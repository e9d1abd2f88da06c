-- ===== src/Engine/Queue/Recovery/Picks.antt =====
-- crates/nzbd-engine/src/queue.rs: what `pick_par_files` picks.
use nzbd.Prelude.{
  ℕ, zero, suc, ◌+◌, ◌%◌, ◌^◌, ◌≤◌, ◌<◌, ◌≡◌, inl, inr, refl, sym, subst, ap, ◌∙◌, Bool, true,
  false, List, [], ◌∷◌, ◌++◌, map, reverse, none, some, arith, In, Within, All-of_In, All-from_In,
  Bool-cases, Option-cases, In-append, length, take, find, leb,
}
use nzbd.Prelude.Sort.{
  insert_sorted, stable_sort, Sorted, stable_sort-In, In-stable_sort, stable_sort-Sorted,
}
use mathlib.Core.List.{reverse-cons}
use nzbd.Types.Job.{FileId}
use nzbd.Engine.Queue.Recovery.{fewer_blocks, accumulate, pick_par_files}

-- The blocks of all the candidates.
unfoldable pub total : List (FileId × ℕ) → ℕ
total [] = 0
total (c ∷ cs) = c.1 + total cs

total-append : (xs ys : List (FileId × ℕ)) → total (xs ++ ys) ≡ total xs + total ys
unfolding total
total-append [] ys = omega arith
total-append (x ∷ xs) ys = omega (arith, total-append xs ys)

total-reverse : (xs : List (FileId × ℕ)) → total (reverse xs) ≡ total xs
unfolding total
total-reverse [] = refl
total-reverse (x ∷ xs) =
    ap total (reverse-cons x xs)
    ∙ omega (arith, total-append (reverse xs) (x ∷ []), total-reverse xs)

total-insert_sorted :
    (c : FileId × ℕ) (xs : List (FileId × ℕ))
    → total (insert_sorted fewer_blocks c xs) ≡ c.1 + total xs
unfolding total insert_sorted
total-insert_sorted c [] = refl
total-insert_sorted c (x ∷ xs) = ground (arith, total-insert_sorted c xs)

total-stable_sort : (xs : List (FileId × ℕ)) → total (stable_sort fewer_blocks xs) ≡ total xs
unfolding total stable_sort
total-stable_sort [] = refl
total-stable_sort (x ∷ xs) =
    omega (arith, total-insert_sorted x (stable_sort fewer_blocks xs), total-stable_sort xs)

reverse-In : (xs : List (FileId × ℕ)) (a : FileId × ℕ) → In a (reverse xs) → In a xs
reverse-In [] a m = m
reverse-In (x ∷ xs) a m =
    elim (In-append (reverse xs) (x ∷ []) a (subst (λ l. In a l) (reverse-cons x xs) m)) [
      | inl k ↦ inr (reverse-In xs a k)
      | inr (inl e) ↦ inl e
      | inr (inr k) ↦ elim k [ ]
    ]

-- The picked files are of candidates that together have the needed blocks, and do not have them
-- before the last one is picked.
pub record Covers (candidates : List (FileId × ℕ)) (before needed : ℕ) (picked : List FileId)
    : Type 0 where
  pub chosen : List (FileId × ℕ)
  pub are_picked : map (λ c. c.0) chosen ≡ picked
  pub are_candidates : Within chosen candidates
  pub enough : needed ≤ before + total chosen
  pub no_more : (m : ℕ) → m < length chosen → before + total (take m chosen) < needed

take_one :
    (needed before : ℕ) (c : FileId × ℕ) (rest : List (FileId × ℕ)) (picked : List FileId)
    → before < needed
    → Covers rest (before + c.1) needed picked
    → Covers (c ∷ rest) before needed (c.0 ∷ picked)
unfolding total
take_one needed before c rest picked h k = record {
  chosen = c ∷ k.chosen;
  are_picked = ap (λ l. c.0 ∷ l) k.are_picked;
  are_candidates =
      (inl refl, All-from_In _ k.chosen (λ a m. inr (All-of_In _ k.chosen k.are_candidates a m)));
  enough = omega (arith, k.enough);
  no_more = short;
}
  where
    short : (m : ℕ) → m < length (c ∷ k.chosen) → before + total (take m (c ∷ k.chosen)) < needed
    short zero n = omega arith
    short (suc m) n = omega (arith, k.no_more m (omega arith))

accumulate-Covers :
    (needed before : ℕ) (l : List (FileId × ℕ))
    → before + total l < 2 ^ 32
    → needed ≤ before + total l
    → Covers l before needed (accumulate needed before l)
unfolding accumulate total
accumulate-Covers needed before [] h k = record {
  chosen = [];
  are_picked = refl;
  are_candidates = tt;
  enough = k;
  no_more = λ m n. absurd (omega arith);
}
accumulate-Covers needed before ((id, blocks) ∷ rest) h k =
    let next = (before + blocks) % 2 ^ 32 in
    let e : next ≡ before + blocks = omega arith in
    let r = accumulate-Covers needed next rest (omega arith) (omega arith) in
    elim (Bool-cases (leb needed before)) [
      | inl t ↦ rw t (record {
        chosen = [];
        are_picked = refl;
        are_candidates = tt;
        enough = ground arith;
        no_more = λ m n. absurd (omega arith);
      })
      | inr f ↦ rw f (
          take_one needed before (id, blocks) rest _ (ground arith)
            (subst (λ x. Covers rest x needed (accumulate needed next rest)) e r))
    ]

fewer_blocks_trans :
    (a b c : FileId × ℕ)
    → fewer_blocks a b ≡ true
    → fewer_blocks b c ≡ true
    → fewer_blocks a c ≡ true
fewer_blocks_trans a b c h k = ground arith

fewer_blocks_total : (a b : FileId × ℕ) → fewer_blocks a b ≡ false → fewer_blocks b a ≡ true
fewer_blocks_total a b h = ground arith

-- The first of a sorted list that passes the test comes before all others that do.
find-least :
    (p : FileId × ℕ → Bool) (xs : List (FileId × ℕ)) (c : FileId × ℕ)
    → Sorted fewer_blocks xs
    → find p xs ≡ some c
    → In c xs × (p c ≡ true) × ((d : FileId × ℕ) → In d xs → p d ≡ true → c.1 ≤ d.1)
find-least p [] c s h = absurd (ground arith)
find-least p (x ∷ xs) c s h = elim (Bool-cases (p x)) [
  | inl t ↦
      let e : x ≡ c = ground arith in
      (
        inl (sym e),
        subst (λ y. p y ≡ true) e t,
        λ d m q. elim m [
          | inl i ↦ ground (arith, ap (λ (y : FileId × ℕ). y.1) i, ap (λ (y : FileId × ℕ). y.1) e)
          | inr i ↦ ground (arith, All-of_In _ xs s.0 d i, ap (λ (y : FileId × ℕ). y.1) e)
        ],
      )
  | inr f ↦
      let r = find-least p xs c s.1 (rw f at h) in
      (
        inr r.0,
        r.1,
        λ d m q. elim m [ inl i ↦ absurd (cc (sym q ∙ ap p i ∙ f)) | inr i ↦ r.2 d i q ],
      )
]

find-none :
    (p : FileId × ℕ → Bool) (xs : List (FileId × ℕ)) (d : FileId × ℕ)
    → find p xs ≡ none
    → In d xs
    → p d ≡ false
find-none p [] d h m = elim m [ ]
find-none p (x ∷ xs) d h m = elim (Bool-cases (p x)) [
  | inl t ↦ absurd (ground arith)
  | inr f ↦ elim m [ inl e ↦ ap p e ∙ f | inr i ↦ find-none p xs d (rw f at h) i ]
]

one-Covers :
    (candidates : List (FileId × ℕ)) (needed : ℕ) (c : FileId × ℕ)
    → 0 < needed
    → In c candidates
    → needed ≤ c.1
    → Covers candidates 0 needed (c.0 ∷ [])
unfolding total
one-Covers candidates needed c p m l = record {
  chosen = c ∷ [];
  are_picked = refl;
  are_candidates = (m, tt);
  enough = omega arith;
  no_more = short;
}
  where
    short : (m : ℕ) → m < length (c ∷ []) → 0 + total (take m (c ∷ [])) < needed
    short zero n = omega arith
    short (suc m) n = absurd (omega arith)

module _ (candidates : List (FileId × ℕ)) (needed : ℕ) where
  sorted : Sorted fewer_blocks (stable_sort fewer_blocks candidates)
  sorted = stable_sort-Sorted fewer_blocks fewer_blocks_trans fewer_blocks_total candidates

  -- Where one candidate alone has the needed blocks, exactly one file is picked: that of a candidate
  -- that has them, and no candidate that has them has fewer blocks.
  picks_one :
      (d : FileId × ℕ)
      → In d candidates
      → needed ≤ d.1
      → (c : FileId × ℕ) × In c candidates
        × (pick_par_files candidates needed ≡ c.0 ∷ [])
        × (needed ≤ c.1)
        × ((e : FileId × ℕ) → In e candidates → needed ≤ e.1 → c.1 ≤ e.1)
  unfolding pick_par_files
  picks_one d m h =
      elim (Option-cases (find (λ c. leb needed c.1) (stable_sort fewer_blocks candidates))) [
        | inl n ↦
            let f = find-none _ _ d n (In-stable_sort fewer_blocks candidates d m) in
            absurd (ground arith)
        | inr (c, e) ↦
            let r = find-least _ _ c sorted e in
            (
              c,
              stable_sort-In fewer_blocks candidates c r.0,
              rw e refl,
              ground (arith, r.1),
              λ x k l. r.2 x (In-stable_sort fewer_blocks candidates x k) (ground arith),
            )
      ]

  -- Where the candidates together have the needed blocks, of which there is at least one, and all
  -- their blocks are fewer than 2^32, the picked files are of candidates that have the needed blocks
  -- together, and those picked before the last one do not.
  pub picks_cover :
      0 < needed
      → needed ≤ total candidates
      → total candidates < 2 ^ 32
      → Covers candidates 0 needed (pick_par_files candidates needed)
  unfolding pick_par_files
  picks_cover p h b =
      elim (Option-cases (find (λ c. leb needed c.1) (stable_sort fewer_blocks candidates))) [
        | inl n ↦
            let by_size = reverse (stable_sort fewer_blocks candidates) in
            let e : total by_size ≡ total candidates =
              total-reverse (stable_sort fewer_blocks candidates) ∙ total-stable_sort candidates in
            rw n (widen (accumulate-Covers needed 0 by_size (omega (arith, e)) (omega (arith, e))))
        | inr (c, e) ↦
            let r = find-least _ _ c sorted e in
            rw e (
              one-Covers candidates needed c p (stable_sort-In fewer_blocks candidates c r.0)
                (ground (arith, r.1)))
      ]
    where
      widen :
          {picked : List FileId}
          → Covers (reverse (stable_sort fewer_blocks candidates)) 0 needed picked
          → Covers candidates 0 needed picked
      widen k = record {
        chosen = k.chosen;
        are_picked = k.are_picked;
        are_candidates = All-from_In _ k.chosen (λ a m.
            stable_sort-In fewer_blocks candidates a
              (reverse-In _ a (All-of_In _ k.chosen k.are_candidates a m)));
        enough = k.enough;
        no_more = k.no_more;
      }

TASK ITEM:
Only lines containing the word "Within" should appear in the answer, and every such line from the records above must be there.

FINAL ANSWER:
  false, List, [], ◌∷◌, ◌++◌, map, reverse, none, some, arith, In, Within, All-of_In, All-from_In,
  pub are_candidates : Within chosen candidates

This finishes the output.